First, you can subscribe your current Plasma client to such notifications
by getting a file descriptor:

```cpp
// Start receiving notifications into file_descriptor.
int fd;
ARROW_CHECK_OK(client.Subscribe(&fd));
```

Once you have the file descriptor, you can have your current Plasma client
wait to receive the next object notification.
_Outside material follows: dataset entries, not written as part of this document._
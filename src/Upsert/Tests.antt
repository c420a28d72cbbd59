-- ===== src/Upsert/Tests.antt =====
-- Runs of an upsert stream with two buckets and records that are numbers.
use aliyun_odps_sdk_cpp.Prelude.{
  ℕ, ◌≡◌, ◌≢◌, refl, Bool, true, false, List, [], ◌∷◌, some, length, ◌+◌, ◌*◌, ◌%◌, if◌then◌else◌,
}
use aliyun_odps_sdk_cpp.Prelude.Int.{pos}
use aliyun_odps_sdk_cpp.Result.{ok, err, undefined, invalid_bucket_value}
use aliyun_odps_sdk_cpp.Upload.{put_key, has_key}
use aliyun_odps_sdk_cpp.Upsert.{
  Stream, written, refused, listener_refused, new_stream, flush, write_record, load_upsert_slots,
  insert_slots, insert_buckets, check_buckets, all_below,
}
use aliyun_odps_sdk_cpp.Upsert.Kept.{IsKept, HasTaken, flush-IsKept, write_record-HasTaken}
use aliyun_odps_sdk_cpp.Upsert.Safe.{started, wrote, Reachable-write_record_defined}

-- Eight bytes for a record, and two more for a completed pack.
size : Bool → List ℕ → ℕ
size completed rs = if completed then 8 * length rs + 2 else 8 * length rs

abbrev two : List ℕ
two = 1 ∷ 0 ∷ []

abbrev begun : Stream ℕ
begun = new_stream two (pos 20) (pos 100) true

abbrev later : Stream ℕ
later = (write_record size two 7 40 [] begun).stream

flush-IsKept_example :
    let d = flush size true two (refused true ∷ listener_refused true ∷ written ∷ []) later in
    IsKept 1 later.packs d.sent d.stream.packs
flush-IsKept_example =
    flush-IsKept size true 1 two (refused true ∷ listener_refused true ∷ written ∷ []) later

write_record-HasTaken_example :
    HasTaken size (7 % length two) 41 later.packs (write_record size two 7 41 (written ∷ []) later)
write_record-HasTaken_example = write_record-HasTaken size two 7 41 (written ∷ []) later

two_loaded : load_upsert_slots ((0 ∷ 1 ∷ []) ∷ []) ≡ ok two
unfolding load_upsert_slots insert_slots insert_buckets check_buckets all_below put_key has_key
two_loaded = refl

Reachable-write_record_defined_example :
    (write_record size two 9 42 (refused false ∷ []) later).thrown ≢ some undefined
Reachable-write_record_defined_example =
    Reachable-write_record_defined size ((0 ∷ 1 ∷ []) ∷ []) two 9 42 (refused false ∷ []) two_loaded
      refl (wrote 7 40 [] (started (pos 20) (pos 100) true))

-- The buckets 2 and 0 of the first slot are refused, though the second slot has the missing one.
spread_refused : load_upsert_slots ((0 ∷ 2 ∷ []) ∷ (1 ∷ []) ∷ []) ≡ err invalid_bucket_value
unfolding load_upsert_slots insert_slots insert_buckets check_buckets all_below put_key has_key
spread_refused = refl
Object notifications
include information such as Object ID, data size, and metadata size of
the next newly available object:

```cpp
// Receive notification of the next newly available object.
// Notification information is stored in object_id, data_size, and metadata_size
ObjectID object_id;
int64_t data_size;
int64_t metadata_size;
ARROW_CHECK_OK(client.GetNotification(fd, &object_id, &data_size, &metadata_size));

// Get the newly available object.
ObjectBuffer object_buffer;
ARROW_CHECK_OK(client.Get(&object_id, 1, -1, &object_buffer));
```

Here is a full program that shows this capability:

```cpp
#include <plasma/client.h>

using namespace plasma;

int main(int argc, char** argv) {
  // Start up and connect a Plasma client.
  PlasmaClient client;
  ARROW_CHECK_OK(client.Connect("/tmp/plasma"));

  int fd;
  ARROW_CHECK_OK(client.Subscribe(&fd));

  ObjectID object_id;
  int64_t data_size;
  int64_t metadata_size;
  while (true) {
    ARROW_CHECK_OK(client.GetNotification(fd, &object_id, &data_size, &metadata_size));

    std::cout << "Received object notification for object_id = "
              << object_id.hex() << ", with data_size = " << data_size
              << ", and metadata_size = " << metadata_size << std::endl;
  }

  // Disconnect the client.
  ARROW_CHECK_OK(client.Disconnect());
}
```

If you compile it with

```
g++ subscribe.cc `pkg-config --cflags --libs plasma` --std=c++11 -o subscribe
```

and invoke `./create` and `./subscribe` while the Plasma store is running,
you can observe the new object arriving.